Input data ->

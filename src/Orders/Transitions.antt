-- ===== src/Orders/Transitions.antt =====
-- Each operation on orders follows the edges of the life cycle.

use seapedia.Prelude.{
  sym, ap, ◌∙◌, ==-refl, find_test, find-some, find_same, find-Extends, Extends-trans, ℕ, ◌≡◌, inl,
  inr, Bool, true, Option, some, List, String, arith, Bool-cases, Option-cases, is_some, find, All,
  All-imp, All-intro, IsKeyed, only_row, Extends, Extends-refl, eq_of_==,
}
use seapedia.Db.{
  Order, OrderStatus, sedang_dikemas, menunggu_pengirim, sedang_dikirim, pesanan_selesai,
  same_status, Db, OnOk, transaction, transaction_state, Env,
}
use seapedia.Orders.Detail.{is_order, is_order_of_store}
use seapedia.Orders.Seller.{is_job_of, read_packed, write_release, release_order}
use seapedia.Orders.Driver.{take, complete, is_order_in, is_pending_job, is_taken_by}
use seapedia.Orders.Lifecycle.{
  ◌⟶◌, release, pick_up, deliver, Advances, Advances-refl, Advances-trans, update-Extends,
}

pub same_status-eq : (s t : OrderStatus) → same_status s t ≡ true → s ≡ t
same_status-eq s t h = ground arith

-- The orders have only moved along the edges.
abbrev pub Follows : Db → Db → Type 0
Follows d d' = Extends Advances d.orders d'.orders

pub Follows-refl : (d : Db) → Follows d d
Follows-refl d = Extends-refl Advances Advances-refl d.orders

-- A row with the id of a found order takes the edge that this order may take.
pub keyed_edges :
    (p : Order → Bool) (t : OrderStatus) (os : List Order) {o : Order}
    → IsKeyed (λ v. v.id) os
    → find p os ≡ some o
    → o.status ⟶ t
    → All (λ v. is_order o.id v ≡ true → v.status ⟶ t) os
keyed_edges p t os {o} keyed found e =
    All-imp (λ v. v.id ≡ o.id → v ≡ o) (λ v. is_order o.id v ≡ true → v.status ⟶ t)
      (λ v only same. rw (only (eq_of_== v.id o.id same)) e) os
      (only_row (λ v. v.id) p os keyed found)

-- The edge that the `where` of an update asks for.
status_edges :
    (id : ℕ) (s t : OrderStatus) (os : List Order)
    → s ⟶ t
    → All (λ o. is_order_in id s o ≡ true → o.status ⟶ t) os
status_edges id s t os e =
    All-intro (λ o. is_order_in id s o ≡ true → o.status ⟶ t)
      (λ o h.
        let same : same_status o.status s ≡ true = ground arith in
        rw (same_status-eq o.status s same) e)
      os

pub is_order-Advances : (id : ℕ) (o p : Order) → Advances o p → is_order id p ≡ is_order id o
is_order-Advances id o p h = ap (λ (v : Order). is_order id v) h.kept

write_release-Follows :
    (env : Env) (note : Option String) (o : Order) (d : Db)
    → All (λ v. is_order o.id v ≡ true → v.status ⟶ menunggu_pengirim) d.orders
    → OnOk (λ _ d'. Follows d d') (write_release env o note d)
unfolding write_release
write_release-Follows env text o d edges =
    elim (Bool-cases (is_some (find (is_job_of o.id) d.delivery_jobs))) [
      | inl j ↦ rw j tt
      | inr j ↦ rw j (update-Extends env (is_order o.id) menunggu_pengirim d.orders edges)
    ]

-- The other transactions leave the order in its status.
abbrev pub Spares : ℕ → Db → Db → Type 0
Spares id d d' =
    (o p : Order)
    → find (is_order id) d.orders ≡ some o
    → find (is_order id) d'.orders ≡ some p
    → p.status ≡ o.status

pub release_order-Follows :
    (env : Env) (between : Db → Db) (store id : ℕ) (note : Option String) (d : Db)
    → IsKeyed (λ o. o.id) d.orders
    → IsKeyed (λ o. o.id) (between d).orders
    → Follows d (between d)
    → Spares id d (between d)
    → Follows d (release_order env between store id note d).1
unfolding release_order read_packed
release_order-Follows env between store id text d keyed keyed' follows spares =
    elim (Option-cases (find (is_order_of_store store id) d.orders)) [
      | inl e ↦ rw e (Follows-refl d)
      | inr (o, e) ↦ rw e (elim (Bool-cases (same_status o.status sedang_dikemas)) [
        | inr other ↦ rw other (Follows-refl d)
        | inl packed ↦ rw packed (
            Extends-trans Advances Advances-trans d.orders (between d).orders
              (transaction (write_release env o text) (between d)).1.orders follows
              (transaction_state (Follows (between d)) (write_release env o text) (between d)
                (Follows-refl (between d))
                (write_release-Follows env text o (between d) (edges o e packed))))
      ])
    ]
  where
    edges :
        (o : Order)
        → find (is_order_of_store store id) d.orders ≡ some o
        → same_status o.status sedang_dikemas ≡ true
        → All (λ v. is_order o.id v ≡ true → v.status ⟶ menunggu_pengirim) (between d).orders
    edges o e packed =
        let test : is_order_of_store store id o ≡ true =
          find_test (is_order_of_store store id) d.orders e in
        let at : o.id ≡ id = ground arith in
        let (q, f) =
          find-some (is_order_of_store store id) (is_order id) d.orders e (rw (at, ==-refl id)) in
        let own : q ≡ o =
          find_same (λ (v : Order). v.id) (is_order_of_store store id) (is_order id) d.orders keyed
            e f (eq_of_== q.id id (find_test (is_order id) d.orders f) ∙ sym at) in
        let (p, (g, _)) =
          find-Extends Advances (is_order id) d.orders (between d).orders (is_order-Advances id)
            follows f in
        let still : p.status ≡ sedang_dikemas =
          spares q p f g
          ∙ ap (λ (v : Order). v.status) own
          ∙ same_status-eq o.status sedang_dikemas packed in
        rw (at ∙ sym (eq_of_== p.id id (find_test (is_order id) (between d).orders g))) (
          keyed_edges (is_order id) menunggu_pengirim (between d).orders keyed' g
            (rw still release))

pub take-Follows :
    (env : Env) (id driver : ℕ) (d : Db) → OnOk (λ _ d'. Follows d d') (take env id driver d)
unfolding take
take-Follows env id driver d = elim (Option-cases (find (is_pending_job id) d.delivery_jobs)) [
  | inl e ↦ rw e tt
  | inr (j, e) ↦
      rw e (elim (Option-cases (find (is_order_in j.order_id menunggu_pengirim) d.orders)) [
        | inl e' ↦ rw e' tt
        | inr (o, e') ↦ rw e' (
            update-Extends env (is_order_in j.order_id menunggu_pengirim) sedang_dikirim d.orders
              (status_edges j.order_id menunggu_pengirim sedang_dikirim d.orders pick_up))
      ])
]

pub complete-Follows :
    (env : Env) (id driver : ℕ) (d : Db) → OnOk (λ _ d'. Follows d d') (complete env id driver d)
unfolding complete
complete-Follows env id driver d =
    elim (Option-cases (find (is_taken_by id driver) d.delivery_jobs)) [
      | inl e ↦ rw e tt
      | inr (j, e) ↦
          rw e (elim (Option-cases (find (is_order_in j.order_id sedang_dikirim) d.orders)) [
            | inl e' ↦ rw e' tt
            | inr (o, e') ↦ rw e' (
                update-Extends env (is_order_in j.order_id sedang_dikirim) pesanan_selesai d.orders
                  (status_edges j.order_id sedang_dikirim pesanan_selesai d.orders deliver))
          ])
    ]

Directions for this task -> Each entry above, in full, should be output exactly as it reads.

Output for this task ->
filename src/Orders/Transitions.antt
-- ===== src/Orders/Transitions.antt =====
-- Each operation on orders follows the edges of the life cycle.

use seapedia.Prelude.{
  sym, ap, ◌∙◌, ==-refl, find_test, find-some, find_same, find-Extends, Extends-trans, ℕ, ◌≡◌, inl,
  inr, Bool, true, Option, some, List, String, arith, Bool-cases, Option-cases, is_some, find, All,
  All-imp, All-intro, IsKeyed, only_row, Extends, Extends-refl, eq_of_==,
}
use seapedia.Db.{
  Order, OrderStatus, sedang_dikemas, menunggu_pengirim, sedang_dikirim, pesanan_selesai,
  same_status, Db, OnOk, transaction, transaction_state, Env,
}
use seapedia.Orders.Detail.{is_order, is_order_of_store}
use seapedia.Orders.Seller.{is_job_of, read_packed, write_release, release_order}
use seapedia.Orders.Driver.{take, complete, is_order_in, is_pending_job, is_taken_by}
use seapedia.Orders.Lifecycle.{
  ◌⟶◌, release, pick_up, deliver, Advances, Advances-refl, Advances-trans, update-Extends,
}

pub same_status-eq : (s t : OrderStatus) → same_status s t ≡ true → s ≡ t
same_status-eq s t h = ground arith

-- The orders have only moved along the edges.
abbrev pub Follows : Db → Db → Type 0
Follows d d' = Extends Advances d.orders d'.orders

pub Follows-refl : (d : Db) → Follows d d
Follows-refl d = Extends-refl Advances Advances-refl d.orders

-- A row with the id of a found order takes the edge that this order may take.
pub keyed_edges :
    (p : Order → Bool) (t : OrderStatus) (os : List Order) {o : Order}
    → IsKeyed (λ v. v.id) os
    → find p os ≡ some o
    → o.status ⟶ t
    → All (λ v. is_order o.id v ≡ true → v.status ⟶ t) os
keyed_edges p t os {o} keyed found e =
    All-imp (λ v. v.id ≡ o.id → v ≡ o) (λ v. is_order o.id v ≡ true → v.status ⟶ t)
      (λ v only same. rw (only (eq_of_== v.id o.id same)) e) os
      (only_row (λ v. v.id) p os keyed found)

-- The edge that the `where` of an update asks for.
status_edges :
    (id : ℕ) (s t : OrderStatus) (os : List Order)
    → s ⟶ t
    → All (λ o. is_order_in id s o ≡ true → o.status ⟶ t) os
status_edges id s t os e =
    All-intro (λ o. is_order_in id s o ≡ true → o.status ⟶ t)
      (λ o h.
        let same : same_status o.status s ≡ true = ground arith in
        rw (same_status-eq o.status s same) e)
      os

pub is_order-Advances : (id : ℕ) (o p : Order) → Advances o p → is_order id p ≡ is_order id o
is_order-Advances id o p h = ap (λ (v : Order). is_order id v) h.kept

write_release-Follows :
    (env : Env) (note : Option String) (o : Order) (d : Db)
    → All (λ v. is_order o.id v ≡ true → v.status ⟶ menunggu_pengirim) d.orders
    → OnOk (λ _ d'. Follows d d') (write_release env o note d)
unfolding write_release
write_release-Follows env text o d edges =
    elim (Bool-cases (is_some (find (is_job_of o.id) d.delivery_jobs))) [
      | inl j ↦ rw j tt
      | inr j ↦ rw j (update-Extends env (is_order o.id) menunggu_pengirim d.orders edges)
    ]

-- The other transactions leave the order in its status.
abbrev pub Spares : ℕ → Db → Db → Type 0
Spares id d d' =
    (o p : Order)
    → find (is_order id) d.orders ≡ some o
    → find (is_order id) d'.orders ≡ some p
    → p.status ≡ o.status

pub release_order-Follows :
    (env : Env) (between : Db → Db) (store id : ℕ) (note : Option String) (d : Db)
    → IsKeyed (λ o. o.id) d.orders
    → IsKeyed (λ o. o.id) (between d).orders
    → Follows d (between d)
    → Spares id d (between d)
    → Follows d (release_order env between store id note d).1
unfolding release_order read_packed
release_order-Follows env between store id text d keyed keyed' follows spares =
    elim (Option-cases (find (is_order_of_store store id) d.orders)) [
      | inl e ↦ rw e (Follows-refl d)
      | inr (o, e) ↦ rw e (elim (Bool-cases (same_status o.status sedang_dikemas)) [
        | inr other ↦ rw other (Follows-refl d)
        | inl packed ↦ rw packed (
            Extends-trans Advances Advances-trans d.orders (between d).orders
              (transaction (write_release env o text) (between d)).1.orders follows
              (transaction_state (Follows (between d)) (write_release env o text) (between d)
                (Follows-refl (between d))
                (write_release-Follows env text o (between d) (edges o e packed))))
      ])
    ]
  where
    edges :
        (o : Order)
        → find (is_order_of_store store id) d.orders ≡ some o
        → same_status o.status sedang_dikemas ≡ true
        → All (λ v. is_order o.id v ≡ true → v.status ⟶ menunggu_pengirim) (between d).orders
    edges o e packed =
        let test : is_order_of_store store id o ≡ true =
          find_test (is_order_of_store store id) d.orders e in
        let at : o.id ≡ id = ground arith in
        let (q, f) =
          find-some (is_order_of_store store id) (is_order id) d.orders e (rw (at, ==-refl id)) in
        let own : q ≡ o =
          find_same (λ (v : Order). v.id) (is_order_of_store store id) (is_order id) d.orders keyed
            e f (eq_of_== q.id id (find_test (is_order id) d.orders f) ∙ sym at) in
        let (p, (g, _)) =
          find-Extends Advances (is_order id) d.orders (between d).orders (is_order-Advances id)
            follows f in
        let still : p.status ≡ sedang_dikemas =
          spares q p f g
          ∙ ap (λ (v : Order). v.status) own
          ∙ same_status-eq o.status sedang_dikemas packed in
        rw (at ∙ sym (eq_of_== p.id id (find_test (is_order id) (between d).orders g))) (
          keyed_edges (is_order id) menunggu_pengirim (between d).orders keyed' g
            (rw still release))

pub take-Follows :
    (env : Env) (id driver : ℕ) (d : Db) → OnOk (λ _ d'. Follows d d') (take env id driver d)
unfolding take
take-Follows env id driver d = elim (Option-cases (find (is_pending_job id) d.delivery_jobs)) [
  | inl e ↦ rw e tt
  | inr (j, e) ↦
      rw e (elim (Option-cases (find (is_order_in j.order_id menunggu_pengirim) d.orders)) [
        | inl e' ↦ rw e' tt
        | inr (o, e') ↦ rw e' (
            update-Extends env (is_order_in j.order_id menunggu_pengirim) sedang_dikirim d.orders
              (status_edges j.order_id menunggu_pengirim sedang_dikirim d.orders pick_up))
      ])
]

pub complete-Follows :
    (env : Env) (id driver : ℕ) (d : Db) → OnOk (λ _ d'. Follows d d') (complete env id driver d)
unfolding complete
complete-Follows env id driver d =
    elim (Option-cases (find (is_taken_by id driver) d.delivery_jobs)) [
      | inl e ↦ rw e tt
      | inr (j, e) ↦
          rw e (elim (Option-cases (find (is_order_in j.order_id sedang_dikirim) d.orders)) [
            | inl e' ↦ rw e' tt
            | inr (o, e') ↦ rw e' (
                update-Extends env (is_order_in j.order_id sedang_dikirim) pesanan_selesai d.orders
                  (status_edges j.order_id sedang_dikirim pesanan_selesai d.orders deliver))
          ])
    ]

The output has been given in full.